> **Work to complete**: Repeat only the stretch of lines below that runs from the line with "value_fields-Fits max (item ∷ items) (Exprs.cons" through the line with "-- A tuple that", unaltered.

Collected data entries:
-- -- --
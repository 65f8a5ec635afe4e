-- ===== src/Parser/Values.antt =====
-- What INSERT and CREATE TABLE hand on fits the tables: komfydb/parser.cc.
use mathlib.Core.Path.{subst}
use komfy_db.Base.{ℕ, ◌==◌, ◌≡◌, ◌≤◌, List, [], ◌∷◌, some, length, arith}
use komfy_db.Base.Int.{to_int-is_int}
use komfy_db.Base.Status.{ok, guard, invalid_argument, >>=-eq-ok, ok-injective}
use komfy_db.Common.Field.{Field, FieldType, int, string}
use komfy_db.Common.Tuple.{Tuple}
use komfy_db.Common.TupleDesc.{TdItem, TupleDesc}
use komfy_db.Parser.Syntax.{Expr, Exprs, literal_int, literal_string}
use komfy_db.Parser.Statement.{value_field, value_fields, size, get_tuple}
use komfy_db.Storage.Codec.RoundTrip.{IsStorable, HasNoNul}
use komfy_db.Storage.HeapPage.Slots.{Fits}

-- The texts among the values have at most `max` bytes, and no byte 0, as a `char*` has none.
abbrev pub ShortText : ℕ → Expr → Type 0
ShortText max (literal_string s) = (length s ≤ max) × HasNoNul s
ShortText max value = Unit

abbrev pub ShortTexts : ℕ → Exprs → Type 0
ShortTexts max Exprs.nil = Unit
ShortTexts max (Exprs.cons value values) = ShortText max value × ShortTexts max values

value_field-IsStorable :
    (max : ℕ) (t : FieldType) (value : Expr) (f : Field)
    → ShortText max value
    → value_field t value ≡ ok f
    → IsStorable max t f
unfolding value_field
value_field-IsStorable max int (literal_int v) f h e =
    subst (IsStorable max int) (ok-injective e) (to_int-is_int v)
value_field-IsStorable max string (literal_string s) f h e =
    subst (IsStorable max string) (ok-injective e) h
value_field-IsStorable max int Expr.null f h e = absurd (ground arith)
value_field-IsStorable max string Expr.null f h e = absurd (ground arith)
value_field-IsStorable max int value f h e = absurd (ground arith)
value_field-IsStorable max string value f h e = absurd (ground arith)

value_fields-Fits :
    (max : ℕ) (items : List TdItem) (values : Exprs) (t : Tuple)
    → ShortTexts max values
    → size values ≡ length items
    → value_fields items values ≡ ok t
    → Fits max items t
unfolding value_fields size
value_fields-Fits max [] values t h n e = subst (Fits max []) (ok-injective e) tt
value_fields-Fits max (item ∷ items) Exprs.nil t h n e = absurd (omega arith)
value_fields-Fits max (item ∷ items) (Exprs.cons value values) t h n e =
    let (f, ef, e') = >>=-eq-ok (value_field item.field_type value) _ e in
    let (rest, er, e'') = >>=-eq-ok (value_fields items values) (λ rest. ok (some f ∷ rest)) e' in
    subst (Fits max (item ∷ items)) (ok-injective e'') (
      value_field-IsStorable max item.field_type value f h.0 ef,
      value_fields-Fits max items values rest h.1 (omega arith) er,
    )

-- A tuple that an INSERT makes of values fits the schema of the table, where the texts have at most `max`
-- bytes: it has a value of the right type in each column, and a page can hold it.
pub get_tuple-Fits :
    (max : ℕ) (values : Exprs) (td : TupleDesc) (t : Tuple)
    → ShortTexts max values
    → get_tuple values td ≡ ok t
    → Fits max td.items t
unfolding get_tuple
get_tuple-Fits max values td t h e =
    let (u, checked, e') =
      >>=-eq-ok (guard (size values == length td.items) invalid_argument)
        (λ u. value_fields td.items values) e in
    value_fields-Fits max td.items values t h (ground (arith)) e'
-- -- --
> **Exercise solution**:
value_fields-Fits max (item ∷ items) (Exprs.cons value values) t h n e =
    let (f, ef, e') = >>=-eq-ok (value_field item.field_type value) _ e in
    let (rest, er, e'') = >>=-eq-ok (value_fields items values) (λ rest. ok (some f ∷ rest)) e' in
    subst (Fits max (item ∷ items)) (ok-injective e'') (
      value_field-IsStorable max item.field_type value f h.0 ef,
      value_fields-Fits max items values rest h.1 (omega arith) er,
    )

-- A tuple that an INSERT makes of values fits the schema of the table, where the texts have at most `max`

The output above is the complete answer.